![Feedback: The Four Phases of Emotional Reactions Giving feedback through a megaphone](assets/images/2/Feedback-vier-phasen-zweikern-cf503c82.jpg)
Feedback: The Four Phases of Emotional Reactions
Many employees and executives are surprised by the results of a 360-degree feedback. Some are completely unaware of how others perceive them and struggle to handle critical feedback about themselves. They often experience the same range of emotions as those grieving the loss of a loved one. We can recognize these emotions in any type of dramatic change in our lives. The English acronym SARA describes this process, which consists of Shock, Anger, Resistance, and Acceptance. Read more about the four phases of emotional reactions to feedback below.
The Four Phases of Emotional Reactions: 360-Degree Feedback and the SARA Model.
360-degree feedback is a tool for personal development that is particularly useful for evaluating the performance of managers. It is a system or process in which employees and managers receive confidential, anonymous feedback from the individuals they work with. This typically includes superiors, colleagues, and direct reports. The feedback forms consist of questions that are rated on a scale and also prompt the respondents to provide written comments. The person receiving the feedback also completes a self-assessment survey that includes the same questions as the other individuals in their forms. While these feedback rounds often yield positive results, there are usually areas that are not as strong.
But what should you do if the feedback is more negative than expected? Emotional reactions to negative feedback are normal and follow a specific pattern often referred to as the SARA model in grief work. SARA is an acronym that stands for shock, anger, resistance, and acceptance. Managers processing feedback often need to go through this process before they are able to effectively use the feedback to make improvements in their lives. Some steps may be skipped or multiple emotions may be experienced simultaneously. The intensity of the experience is directly related to the impact the change has on a person.
Shock
The first phase of the SARA model is shock. Our initial response to feedback can be shock or rejection, especially when what we hear is unexpected or contradicts our own views. When people are shocked, they may say things like "This report can't be right" or "What? I don't understand this report."
Anger
When we realize what the feedback means, the shock can turn into anger or fear, especially when we understand the extent of the feedback. During the anger phase, one might say things like, "Who even said that?!" or "This report just doesn't fit my current situation."
Resistance
When feedback points to the need for change, we may experience a phase of resistance. Changes can be challenging or at least uncomfortable. People reacting with resistance might say, "That's just how I am, take it or leave it" or "I understand it, but I don't like it."
Acceptance
The final step of the SARA model is acceptance. As we process the feedback, we reach a point of acceptance that brings us to a better position than where we started. When a person finally accepts their feedback, you might hear them say, "What can I do to improve?" or "How can I best utilize this feedback?"

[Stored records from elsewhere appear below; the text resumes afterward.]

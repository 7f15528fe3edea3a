-- ===== src/Core/TextDelta/Ends.antt =====
-- The prefix and the suffix that text_delta.rs finds in common.
use mathlib.Core.List.{reverse-reverse}
use zanei.Prelude.{
  ℕ, zero, suc, ◌-◌, ◌≤◌, ◌<◌, ◌≡◌, ◌≢◌, refl, sym, ap, ◌∙◌, List, [], ◌∷◌, reverse, Text,
  text_eq_sound, text_eq_iff, length, length-reverse, take, drop, arith,
}
use zanei.Core.TextDelta.{zip, take_while_equal, common_suffix_len}
use zanei.Core.TextDelta.Cuts.{take-reverse}

pub take_while_equal-take :
    (xs ys : List Text) (n : ℕ)
    → n ≡ length (take_while_equal (zip xs ys))
    → (take n xs ≡ take n ys) × (n ≤ length xs) × (n ≤ length ys)
unfolding take_while_equal
take_while_equal-take [] ys n h = ground arith
take_while_equal-take (x ∷ xs) [] n h = ground arith
take_while_equal-take (x ∷ xs) (y ∷ ys) zero h = (refl, omega arith, omega arith)
take_while_equal-take (x ∷ xs) (y ∷ ys) (suc n) h =
    ground (arith, text_eq_sound x y, take_while_equal-take xs ys n)

take_while_equal-take_limit :
    (limit : ℕ) (xs ys : List Text) (n : ℕ)
    → n ≡ length (take_while_equal (take limit (zip xs ys)))
    → (take n xs ≡ take n ys) × (n ≤ length xs) × (n ≤ length ys) × (n ≤ limit)
unfolding take_while_equal
take_while_equal-take_limit zero xs ys n h = ground arith
take_while_equal-take_limit (suc m) [] ys n h = ground arith
take_while_equal-take_limit (suc m) (x ∷ xs) [] n h = ground arith
take_while_equal-take_limit (suc m) (x ∷ xs) (y ∷ ys) zero h =
    (refl, omega arith, omega arith, omega arith)
take_while_equal-take_limit (suc m) (x ∷ xs) (y ∷ ys) (suc n) h =
    ground (arith, text_eq_sound x y, take_while_equal-take_limit m xs ys n)

drop-nil : (n : ℕ) → drop {A = Text} n [] ≡ []
drop-nil zero = refl
drop-nil (suc n) = refl

-- Behind the equal pairs the two lists differ.
pub take_while_equal-differ :
    (xs ys : List Text) (n : ℕ) (x : Text) (xs1 ys1 : List Text)
    → n ≡ length (take_while_equal (zip xs ys))
    → drop n xs ≡ x ∷ xs1
    → drop n ys ≢ x ∷ ys1
unfolding take_while_equal
take_while_equal-differ [] ys n x xs1 ys1 h a b = cc (drop-nil n)
take_while_equal-differ (x' ∷ xs) [] n x xs1 ys1 h a b = cc (drop-nil n)
take_while_equal-differ (x' ∷ xs) (y ∷ ys) zero x xs1 ys1 h a b =
    let e : x' ≡ y = cc in ground (arith, (text_eq_iff x' y).1 e)
take_while_equal-differ (x' ∷ xs) (y ∷ ys) (suc n) x xs1 ys1 h a b =
    ground (arith, take_while_equal-differ xs ys n x xs1 ys1)

pub take_while_equal-differ_limit :
    (limit : ℕ) (xs ys : List Text) (n : ℕ) (x : Text) (xs1 ys1 : List Text)
    → n ≡ length (take_while_equal (take limit (zip xs ys)))
    → n < limit
    → drop n xs ≡ x ∷ xs1
    → drop n ys ≢ x ∷ ys1
unfolding take_while_equal
take_while_equal-differ_limit zero xs ys n x xs1 ys1 h l a b = absurd (omega (arith, l))
take_while_equal-differ_limit (suc m) [] ys n x xs1 ys1 h l a b = cc (drop-nil n)
take_while_equal-differ_limit (suc m) (x' ∷ xs) [] n x xs1 ys1 h l a b = cc (drop-nil n)
take_while_equal-differ_limit (suc m) (x' ∷ xs) (y ∷ ys) zero x xs1 ys1 h l a b =
    let e : x' ≡ y = cc in ground (arith, (text_eq_iff x' y).1 e)
take_while_equal-differ_limit (suc m) (x' ∷ xs) (y ∷ ys) (suc n) x xs1 ys1 h l a b =
    ground (arith, take_while_equal-differ_limit m xs ys n x xs1 ys1)

-- The suffix that the two lists share.
pub common_suffix :
    (limit : ℕ) (b c : List Text)
    → let s = common_suffix_len limit b c in
      (drop (length b - s) b ≡ drop (length c - s) c)
      × (s ≤ length b)
      × (s ≤ length c)
      × (s ≤ limit)
unfolding common_suffix_len
common_suffix limit b c =
    let s : ℕ = common_suffix_len limit b c in
    let h = take_while_equal-take_limit limit (reverse b) (reverse c) s refl in
    let hb : s ≤ length b = omega (arith, length-reverse b, h.1) in
    let hc : s ≤ length c = omega (arith, length-reverse c, h.2) in
    (
      sym (reverse-reverse _)
          ∙ ap reverse (sym (take-reverse s b hb) ∙ h.0 ∙ take-reverse s c hc)
          ∙ reverse-reverse _,
      hb,
      hc,
      h.3,
    )
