-- ===== src/Core/TextDelta/Region.antt =====
-- What `text_delta` shows of a change: the region between a common prefix and a common suffix.
use mathlib.Core.List.{flatten}
use zanei.Prelude.{
  ℕ, ◌+◌, ◌-◌, ◌≤◌, ◌<◌, min, ◌≡◌, ◌≢◌, ◌↔◌, refl, none, some, List, [], ◌∷◌, ◌++◌, Text, leb,
  length, take, drop, arith, if◌then◌else◌,
}
use zanei.Core.TextDelta.{
  grapheme_clusters, common_prefix_len, common_suffix_len, cluster_delta, text_delta,
}
use zanei.Core.TextDelta.Ends.{take_while_equal-take, common_suffix}

-- A change of clusters with a net growth: what stands between a common prefix and a common suffix
-- has become longer, and `shown` is the new text there. The prefix and the suffix cannot be longer:
-- the old and the new region neither begin nor end with the same cluster.
pub record Grows (baseline current : List Text) (shown : Text) : Type 0 where
  pub prefix : List Text
  pub old : List Text
  pub new : List Text
  pub suffix : List Text
  pub in_baseline : baseline ≡ prefix ++ (old ++ suffix)
  pub in_current : current ≡ prefix ++ (new ++ suffix)
  pub shown_is_new : shown ≡ flatten new
  pub growth : length old < length new
  pub heads_differ : (x : Text) (xs ys : List Text) → old ≡ x ∷ xs → new ≢ x ∷ ys
  pub lasts_differ : (x : Text) (xs ys : List Text) → old ≡ xs ++ x ∷ [] → new ≢ ys ++ x ∷ []

module _ (b c : List Text) where
  prefix_len : ℕ
  prefix_len = common_prefix_len b c

  suffix_len : ℕ
  suffix_len = common_suffix_len (min (length b) (length c) - prefix_len) b c

  ends_fit : (prefix_len + suffix_len ≤ length b) × (prefix_len + suffix_len ≤ length c)
  unfolding prefix_len suffix_len common_prefix_len
  ends_fit = omega (
    arith,
    take_while_equal-take b c prefix_len refl,
    common_suffix (min (length b) (length c) - prefix_len) b c,
  )

  cluster_delta_lem : cluster_delta b c ≡ (
      if leb (length c - prefix_len - suffix_len) (length b - prefix_len - suffix_len)
      then none
      else some (flatten (take (length c - suffix_len - prefix_len) (drop prefix_len c))))
  unfolding cluster_delta prefix_len suffix_len
  cluster_delta_lem = refl

  old_region : List Text
  old_region = take (length b - suffix_len - prefix_len) (drop prefix_len b)

  new_region : List Text
  new_region = take (length c - suffix_len - prefix_len) (drop prefix_len c)

  cluster_delta-none : (cluster_delta b c ≡ none) ↔ (length c ≤ length b)
  cluster_delta-none =
      (λ h. ground (arith, cluster_delta_lem, ends_fit), λ h. ground (arith, cluster_delta_lem))

-- For a baseline that is not empty, nothing is shown exactly when the number of grapheme clusters
-- has not grown.
pub text_delta-none :
    (first : ℕ) (rest current : Text)
    → (text_delta (first ∷ rest) current ≡ none)
      ↔ (length (grapheme_clusters current) ≤ length (grapheme_clusters (first ∷ rest)))
unfolding text_delta
text_delta-none first rest current = cluster_delta-none _ _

Another step that is sometimes mentioned is hope/healing. One finds things in the feedback that one can accept and understand, and then determines a course of action. Some models also call this final step honest effort to accept the fact that even with genuine willingness to change, failures can occur. It takes time to change habits and behaviors. After all, we are only human.
Not Everyone Reacts the same Way...
Research by Dr. Barbara Annis, an expert in gender-specific intelligence, suggests that men and women go through these phases at different paces. Men tend to perceive unusual or surprising situations as problems to be solved. When a problem is solvable, men are more inclined to take action and solve it quickly. If a problem cannot be solved, men tend to move into a state of acceptance: recognizing that they cannot change the current situation, it is most sensible to let it go. On the other hand, women tend to spend more time in a contemplative phase. They cannot transition to acceptance as quickly, but instead linger longer in a state of rejection and rationalization. They wonder what they could have done differently or ponder what happened in the situation and what the possible consequences are, going through this thought pattern over an extended period of time.
Conclusion on the Four Phases of Emotional Reactions
Critical or unexpected feedback can shock, unsettle, and even anger us for days or weeks. Dealing with feedback from someone important to us (e.g., supervisors, spouses, friends) can be particularly challenging. The good news is that those who initially react to feedback with shock or anger and work through the SARA model often show greater commitment to change and improvement in the end. As a critic, it is helpful to know where someone is on the change curve of the SARAH model in order to tailor the message or approach. With the right message, you can encourage people to better manage their emotions.
Good feedback is the key to improvement.